-- ===== src/Mmu/Word.antt =====
-- src/arch/aarch64/mmu/descriptor.rs: no two fields of a descriptor overlap: its word is a sum.
use zheos.Common.{
  ℕ, ◌+◌, ◌-◌, ◌*◌, ◌/◌, ◌%◌, ◌^◌, ◌<◌, ◌≡◌, refl, ap, ◌∙◌, Bool, true, false, arith, bit_and,
  bit_or, ◌<<<◌,
}
use native.Mathlib.Nat.{mod-eq_of_lt}
use zheos.Common.Bits.{bit_and-mask, bit_or-high, bit_and-shifted}
use zheos.Mmu.Descriptor.{
  Descriptor, Kind, invalid, block, table, AttrIndex, normal, device, other, AccessPermissions, Sh,
  bit, to_u64, address_mask,
}
use zheos.Mmu.Descriptor.{kind_to_u64, attr_to_u64, access_to_u64, sh_to_u64}
use zheos.Mmu.Descriptor.{
  kernel_read_write, all_read_write, kernel_read_only, all_read_only, non_shareable, reserved,
  outer_shareable, inner_shareable,
}

-- The values that the fields of a word can hold: an index of a memory type that the enum does not
-- name otherwise, and the address of a page below 2 ^ 48.
abbrev pub IsIndex : AttrIndex → Type 0
IsIndex (other n) = (1 < n) × (n < 8)
IsIndex normal = Unit {0}
IsIndex device = Unit {0}

pub record IsEncodable (d : Descriptor) : Type 0 where
  pub index : IsIndex d.attr_idx
  pub page : d.address % 4096 ≡ 0
  pub width : d.address < 2 ^ 48

-- A field at bit `k` of a word that holds less below it.
field_at : (k low f : ℕ) → low < 2 ^ k → f * 2 ^ k < 2 ^ 64 → bit_or low (f <<< k) ≡ low + f * 2 ^ k
field_at k low f h room = ap (bit_or low) (mod-eq_of_lt room) ∙ bit_or-high k low f h

pub masked_address : (a : ℕ) → bit_and a address_mask ≡ a / 2 ^ 12 % 2 ^ 36 * 2 ^ 12
masked_address a =
    bit_and-shifted 12 a (2 ^ 36 - 1) ∙ ap (λ (t : ℕ). t * 2 ^ 12) (bit_and-mask 36 (a / 2 ^ 12))

unfoldable pub word : (k at ns p sh af ng page c x u : ℕ) → ℕ
word k at ns p sh af ng page c x u =
    k
    + at * 2 ^ 2
    + ns * 2 ^ 5
    + p * 2 ^ 6
    + sh * 2 ^ 8
    + af * 2 ^ 10
    + ng * 2 ^ 11
    + page * 2 ^ 12
    + c * 2 ^ 52
    + x * 2 ^ 53
    + u * 2 ^ 54

pub kind-lt : (k : Kind) → kind_to_u64 k < 4
kind-lt invalid = omega arith
kind-lt block = omega arith
kind-lt table = omega arith

pub attr-lt : (a : AttrIndex) → attr_to_u64 a < 8
attr-lt normal = omega arith
attr-lt device = omega arith
attr-lt (other n) = omega (arith, bit_and-mask 3 n)

pub access-lt : (a : AccessPermissions) → access_to_u64 a < 4
access-lt kernel_read_write = omega arith
access-lt all_read_write = omega arith
access-lt kernel_read_only = omega arith
access-lt all_read_only = omega arith

pub sh-lt : (s : Sh) → sh_to_u64 s < 4
sh-lt non_shareable = omega arith
sh-lt reserved = omega arith
sh-lt outer_shareable = omega arith
sh-lt inner_shareable = omega arith

pub bit-lt : (b : Bool) → bit b < 2
bit-lt true = omega arith
bit-lt false = omega arith

-- The word has each field at its bits.
pub to_u64-word :
    (d : Descriptor)
    → to_u64 d
      ≡ word
          (kind_to_u64 d.kind)
          (attr_to_u64 d.attr_idx)
          (bit d.ns)
          (access_to_u64 d.ap)
          (sh_to_u64 d.sh)
          (bit d.af)
          (bit d.ng)
          (d.address / 2 ^ 12 % 2 ^ 36)
          (bit d.contig)
          (bit d.pxn)
          (bit d.uxn)
unfolding to_u64 word
to_u64-word d =
    let k = kind_to_u64 d.kind in
    let at = attr_to_u64 d.attr_idx in
    let p = access_to_u64 d.ap in
    let sh = sh_to_u64 d.sh in
    let page : ℕ = d.address / 2 ^ 12 % 2 ^ 36 in
    let k' = kind-lt d.kind in
    let at' = attr-lt d.attr_idx in
    let ns' = bit-lt d.ns in
    let p' = access-lt d.ap in
    let sh' = sh-lt d.sh in
    let af' = bit-lt d.af in
    let ng' = bit-lt d.ng in
    let c' = bit-lt d.contig in
    let x' = bit-lt d.pxn in
    let u' = bit-lt d.uxn in
    let e1 = field_at 2 k at (omega arith) (omega arith) in
    let w1 : ℕ = k + at * 2 ^ 2 in
    let e2 = field_at 5 w1 (bit d.ns) (omega arith) (omega arith) in
    let w2 : ℕ = w1 + bit d.ns * 2 ^ 5 in
    let e3 = field_at 6 w2 p (omega arith) (omega arith) in
    let w3 : ℕ = w2 + p * 2 ^ 6 in
    let e4 = field_at 8 w3 sh (omega arith) (omega arith) in
    let w4 : ℕ = w3 + sh * 2 ^ 8 in
    let e5 = field_at 10 w4 (bit d.af) (omega arith) (omega arith) in
    let w5 : ℕ = w4 + bit d.af * 2 ^ 10 in
    let e6 = field_at 11 w5 (bit d.ng) (omega arith) (omega arith) in
    let w6 : ℕ = w5 + bit d.ng * 2 ^ 11 in
    let e7 = ap (bit_or w6) (masked_address d.address) ∙ bit_or-high 12 w6 page (omega arith) in
    let w7 : ℕ = w6 + page * 2 ^ 12 in
    let e8 = field_at 52 w7 (bit d.contig) (omega arith) (omega arith) in
    let w8 : ℕ = w7 + bit d.contig * 2 ^ 52 in
    let e9 = field_at 53 w8 (bit d.pxn) (omega arith) (omega arith) in
    let w9 : ℕ = w8 + bit d.pxn * 2 ^ 53 in
    let e10 = field_at 54 w9 (bit d.uxn) (omega arith) (omega arith) in
    rw (e1, e2, e3, e4, e5, e6, e7, e8, e9, e10) refl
══════════
--- Task goal ---
Every entry that appears above should be duplicated exactly.

--- Answer to the problem ---
-- ===== src/Mmu/Word.antt =====
-- src/arch/aarch64/mmu/descriptor.rs: no two fields of a descriptor overlap: its word is a sum.
use zheos.Common.{
  ℕ, ◌+◌, ◌-◌, ◌*◌, ◌/◌, ◌%◌, ◌^◌, ◌<◌, ◌≡◌, refl, ap, ◌∙◌, Bool, true, false, arith, bit_and,
  bit_or, ◌<<<◌,
}
use native.Mathlib.Nat.{mod-eq_of_lt}
use zheos.Common.Bits.{bit_and-mask, bit_or-high, bit_and-shifted}
use zheos.Mmu.Descriptor.{
  Descriptor, Kind, invalid, block, table, AttrIndex, normal, device, other, AccessPermissions, Sh,
  bit, to_u64, address_mask,
}
use zheos.Mmu.Descriptor.{kind_to_u64, attr_to_u64, access_to_u64, sh_to_u64}
use zheos.Mmu.Descriptor.{
  kernel_read_write, all_read_write, kernel_read_only, all_read_only, non_shareable, reserved,
  outer_shareable, inner_shareable,
}

-- The values that the fields of a word can hold: an index of a memory type that the enum does not
-- name otherwise, and the address of a page below 2 ^ 48.
abbrev pub IsIndex : AttrIndex → Type 0
IsIndex (other n) = (1 < n) × (n < 8)
IsIndex normal = Unit {0}
IsIndex device = Unit {0}

pub record IsEncodable (d : Descriptor) : Type 0 where
  pub index : IsIndex d.attr_idx
  pub page : d.address % 4096 ≡ 0
  pub width : d.address < 2 ^ 48

-- A field at bit `k` of a word that holds less below it.
field_at : (k low f : ℕ) → low < 2 ^ k → f * 2 ^ k < 2 ^ 64 → bit_or low (f <<< k) ≡ low + f * 2 ^ k
field_at k low f h room = ap (bit_or low) (mod-eq_of_lt room) ∙ bit_or-high k low f h

pub masked_address : (a : ℕ) → bit_and a address_mask ≡ a / 2 ^ 12 % 2 ^ 36 * 2 ^ 12
masked_address a =
    bit_and-shifted 12 a (2 ^ 36 - 1) ∙ ap (λ (t : ℕ). t * 2 ^ 12) (bit_and-mask 36 (a / 2 ^ 12))

unfoldable pub word : (k at ns p sh af ng page c x u : ℕ) → ℕ
word k at ns p sh af ng page c x u =
    k
    + at * 2 ^ 2
    + ns * 2 ^ 5
    + p * 2 ^ 6
    + sh * 2 ^ 8
    + af * 2 ^ 10
    + ng * 2 ^ 11
    + page * 2 ^ 12
    + c * 2 ^ 52
    + x * 2 ^ 53
    + u * 2 ^ 54

pub kind-lt : (k : Kind) → kind_to_u64 k < 4
kind-lt invalid = omega arith
kind-lt block = omega arith
kind-lt table = omega arith

pub attr-lt : (a : AttrIndex) → attr_to_u64 a < 8
attr-lt normal = omega arith
attr-lt device = omega arith
attr-lt (other n) = omega (arith, bit_and-mask 3 n)

pub access-lt : (a : AccessPermissions) → access_to_u64 a < 4
access-lt kernel_read_write = omega arith
access-lt all_read_write = omega arith
access-lt kernel_read_only = omega arith
access-lt all_read_only = omega arith

pub sh-lt : (s : Sh) → sh_to_u64 s < 4
sh-lt non_shareable = omega arith
sh-lt reserved = omega arith
sh-lt outer_shareable = omega arith
sh-lt inner_shareable = omega arith

pub bit-lt : (b : Bool) → bit b < 2
bit-lt true = omega arith
bit-lt false = omega arith

-- The word has each field at its bits.
pub to_u64-word :
    (d : Descriptor)
    → to_u64 d
      ≡ word
          (kind_to_u64 d.kind)
          (attr_to_u64 d.attr_idx)
          (bit d.ns)
          (access_to_u64 d.ap)
          (sh_to_u64 d.sh)
          (bit d.af)
          (bit d.ng)
          (d.address / 2 ^ 12 % 2 ^ 36)
          (bit d.contig)
          (bit d.pxn)
          (bit d.uxn)
unfolding to_u64 word
to_u64-word d =
    let k = kind_to_u64 d.kind in
    let at = attr_to_u64 d.attr_idx in
    let p = access_to_u64 d.ap in
    let sh = sh_to_u64 d.sh in
    let page : ℕ = d.address / 2 ^ 12 % 2 ^ 36 in
    let k' = kind-lt d.kind in
    let at' = attr-lt d.attr_idx in
    let ns' = bit-lt d.ns in
    let p' = access-lt d.ap in
    let sh' = sh-lt d.sh in
    let af' = bit-lt d.af in
    let ng' = bit-lt d.ng in
    let c' = bit-lt d.contig in
    let x' = bit-lt d.pxn in
    let u' = bit-lt d.uxn in
    let e1 = field_at 2 k at (omega arith) (omega arith) in
    let w1 : ℕ = k + at * 2 ^ 2 in
    let e2 = field_at 5 w1 (bit d.ns) (omega arith) (omega arith) in
    let w2 : ℕ = w1 + bit d.ns * 2 ^ 5 in
    let e3 = field_at 6 w2 p (omega arith) (omega arith) in
    let w3 : ℕ = w2 + p * 2 ^ 6 in
    let e4 = field_at 8 w3 sh (omega arith) (omega arith) in
    let w4 : ℕ = w3 + sh * 2 ^ 8 in
    let e5 = field_at 10 w4 (bit d.af) (omega arith) (omega arith) in
    let w5 : ℕ = w4 + bit d.af * 2 ^ 10 in
    let e6 = field_at 11 w5 (bit d.ng) (omega arith) (omega arith) in
    let w6 : ℕ = w5 + bit d.ng * 2 ^ 11 in
    let e7 = ap (bit_or w6) (masked_address d.address) ∙ bit_or-high 12 w6 page (omega arith) in
    let w7 : ℕ = w6 + page * 2 ^ 12 in
    let e8 = field_at 52 w7 (bit d.contig) (omega arith) (omega arith) in
    let w8 : ℕ = w7 + bit d.contig * 2 ^ 52 in
    let e9 = field_at 53 w8 (bit d.pxn) (omega arith) (omega arith) in
    let w9 : ℕ = w8 + bit d.pxn * 2 ^ 53 in
    let e10 = field_at 54 w9 (bit d.uxn) (omega arith) (omega arith) in
    rw (e1, e2, e3, e4, e5, e6, e7, e8, e9, e10) refl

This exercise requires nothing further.